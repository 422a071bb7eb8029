-- ===== src/Memory/Collector/Marked.antt =====
-- What a run of `markObject` of vm/MemoryManager.cpp does to the colours.
use lodtalk.Prelude.{
  ℕ, ◌≡◌, ◌≢◌, refl, sym, ap, ◌∙◌, List, [], ◌∷◌, ◌⊎◌, inl, inr, Bool, true, false, All, ◌&&◌, ◌==◌,
  Bool-cases, ==_iff,
}
use mathlib.Core.Path.{subst}
use lodtalk.ObjectModel.Oop.{is_pointer}
use lodtalk.Memory.Collector.Objects.{Memory, Color, white, gray, black, children}
use lodtalk.Memory.Collector.Marking.{Colors, set_color, is_white}
use lodtalk.Memory.Collector.Reachable.{In, Reachable, root, Reachable-mono, Reachable-through}

-- The pointers among the words are marked.
abbrev pub AllMarked : Colors → List ℕ → Type 0
AllMarked c words = All (λ o. is_pointer o ≡ true → c o ≢ white) words

-- What the black objects refer to is marked.
abbrev pub Closed : Memory → Colors → Type 0
Closed m c = (p : ℕ) → c p ≡ black → AllMarked c (children m p)

-- From `c` to `c'`, the marks of objects stay, new marks are black, the words are marked, black
-- objects go on referring to marked ones, and what is marked newly is reachable from the words.
pub record Marks (m : Memory) (words : List ℕ) (c c' : Colors) : Type 0 where
  pub keeps : (a : ℕ) → c a ≢ white → c' a ≡ c a
  pub blackens : (a : ℕ) → c a ≡ white → (c' a ≡ white) ⊎ (c' a ≡ black)
  pub closes : Closed m c → Closed m c'
  pub targets : AllMarked c' words
  pub sound : (a : ℕ) → c a ≡ white → c' a ≢ white → Reachable m words a

pub Color-cases : (c : Color) → (c ≡ white) ⊎ (c ≢ white)
Color-cases white = inl refl
Color-cases gray = inr (λ e. cc)
Color-cases black = inr (λ e. cc)

pub still_marked : (c c' : Colors) (a : ℕ) → c' a ≡ c a → c a ≢ white → c' a ≢ white
still_marked c c' a e h w = h (sym e ∙ w)

pub black_not_white : black ≢ white
black_not_white e = cc

pub gray_not_white : gray ≢ white
gray_not_white e = cc

gray_not_black : gray ≢ black
gray_not_black e = cc

pub eq-cases : (a b : ℕ) → (a ≡ b) ⊎ (a ≢ b)
eq-cases a b = elim (Bool-cases (a == b)) [
  | inl same ↦ inl ((==_iff a b).0 same)
  | inr other ↦ inr (λ e. cc (other, (==_iff a b).1 e))
]

pub set_color-same : (o a : ℕ) (x : Color) (c : Colors) → o ≡ a → set_color o x c a ≡ x
set_color-same o a x c e = rw ((==_iff o a).1 e) refl

pub set_color-other : (o a : ℕ) (x : Color) (c : Colors) → o ≢ a → set_color o x c a ≡ c a
set_color-other o a x c n = elim (Bool-cases (o == a)) [
  | inl same ↦ absurd (n ((==_iff o a).0 same))
  | inr other ↦ rw other refl
]

pub set_color-marked :
    (o : ℕ) (x : Color) (c : Colors) → x ≢ white → (a : ℕ) → c a ≢ white → set_color o x c a ≢ white
set_color-marked o x c h a n e = elim (eq-cases o a) [
  | inl same ↦ h (sym (set_color-same o a x c same) ∙ e)
  | inr other ↦ n (sym (set_color-other o a x c other) ∙ e)
]

AllMarked-mono :
    (c c' : Colors) (words : List ℕ)
    → ((a : ℕ) → c a ≢ white → c' a ≢ white)
    → AllMarked c words
    → AllMarked c' words
AllMarked-mono c c' [] step h = tt
AllMarked-mono c c' (o ∷ os) step h = (λ p. step o (h.0 p), AllMarked-mono c c' os step h.1)

module _ (m : Memory) where
  pub nothing-Marks : (c : Colors) → Marks m [] c c
  nothing-Marks c = record {
    keeps = λ a h. refl;
    blackens = λ a h. inl h;
    closes = λ h. h;
    targets = tt;
    sound = λ a h k. absurd (k h);
  }

  -- One word and then the others.
  pub sequence-Marks :
      (o : ℕ) (os : List ℕ) (c c1 c2 : Colors)
      → Marks m (o ∷ []) c c1
      → Marks m os c1 c2
      → Marks m (o ∷ os) c c2
  sequence-Marks o os c c1 c2 h k = record {
    keeps = λ a n. k.keeps a (still_marked c c1 a (h.keeps a n) n) ∙ h.keeps a n;
    blackens = λ a w. elim (h.blackens a w) [
      | inl w1 ↦ k.blackens a w1
      | inr b1 ↦ inr (k.keeps a (λ e. cc) ∙ b1)
    ];
    closes = λ z. k.closes (h.closes z);
    targets = (λ p. still_marked c1 c2 o (k.keeps o (h.targets.0 p)) (h.targets.0 p), k.targets);
    sound = λ a w n. elim (Color-cases (c1 a)) [
      | inl w1 ↦ Reachable-mono (λ x i. inr i) (k.sound a w1 n)
      | inr n1 ↦ Reachable-mono (λ x i. first_of x i) (h.sound a w n1)
    ];
  }
    where
      first_of : (x : ℕ) → In x (o ∷ []) → In x (o ∷ os)
      first_of x (inl e) = inl e
      first_of x (inr i) = absurd i

  -- A word that is no pointer, or whose object is marked already.
  pub skip-Marks :
      (o : ℕ) (c : Colors) → (is_pointer o && is_white (c o)) ≡ false → Marks m (o ∷ []) c c
  skip-Marks o c e = record {
    keeps = λ a h. refl;
    blackens = λ a h. inl h;
    closes = λ h. h;
    targets = (λ p w. skipped (is_pointer o) (c o) e p w, tt);
    sound = λ a h k. absurd (k h);
  }
    where
      skipped : (b : Bool) (x : Color) → (b && is_white x) ≡ false → b ≡ true → x ≡ white → ⊥
      skipped true white e p w = cc
      skipped true gray e p w = cc
      skipped true black e p w = cc
      skipped false x e p w = cc

  -- A white object, once its children are marked.
  pub object-Marks :
      (o : ℕ) (c c' : Colors)
      → is_pointer o ≡ true
      → c o ≡ white
      → Marks m (children m o) (set_color o gray c) c'
      → Marks m (o ∷ []) c (set_color o black c')
  object-Marks o c c' ptr w h = record {
    keeps = λ a n.
        let other : o ≢ a = λ e. n (ap c (sym e) ∙ w) in
        let before = set_color-other o a gray c other in
        set_color-other o a black c' other ∙ h.keeps a (λ e. n (sym before ∙ e)) ∙ before;
    blackens = λ a wa. elim (eq-cases o a) [
      | inl same ↦ inr (set_color-same o a black c' same)
      | inr other ↦
          let after = set_color-other o a black c' other in
          elim (h.blackens a (set_color-other o a gray c other ∙ wa)) [
            | inl white_now ↦ inl (after ∙ white_now)
            | inr black_now ↦ inr (after ∙ black_now)
          ]
    ];
    closes = λ z p black_p.
        AllMarked-mono c' (set_color o black c') (children m p)
          (set_color-marked o black c' black_not_white)
          (elim (eq-cases o p) [
            | inl same ↦ subst (λ x. AllMarked c' (children m x)) same h.targets
            | inr other ↦
                h.closes (closed_before z) p (sym (set_color-other o p black c' other) ∙ black_p)
          ]);
    targets = (λ p e. black_not_white (sym (set_color-same o o black c' refl) ∙ e), tt);
    sound = λ a wa n. elim (eq-cases o a) [
      | inl same ↦ root (inl (sym same)) (subst (λ x. is_pointer x ≡ true) same ptr)
      | inr other ↦ Reachable-through (root (inl refl) ptr) (
          h.sound a (set_color-other o a gray c other ∙ wa)
            (λ e. n (set_color-other o a black c' other ∙ e)))
    ];
  }
    where
      closed_before : Closed m c → Closed m (set_color o gray c)
      closed_before z p black_p = elim (eq-cases o p) [
        | inl same ↦ absurd (gray_not_black (sym (set_color-same o p gray c same) ∙ black_p))
        | inr other ↦
            AllMarked-mono c (set_color o gray c) (children m p)
              (set_color-marked o gray c gray_not_white)
              (z p (sym (set_color-other o p gray c other) ∙ black_p))
      ]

──────

How to complete this task | Nothing but a number should be given: the count of lines in the data above with the word "abbrev".

Solution for this task | 2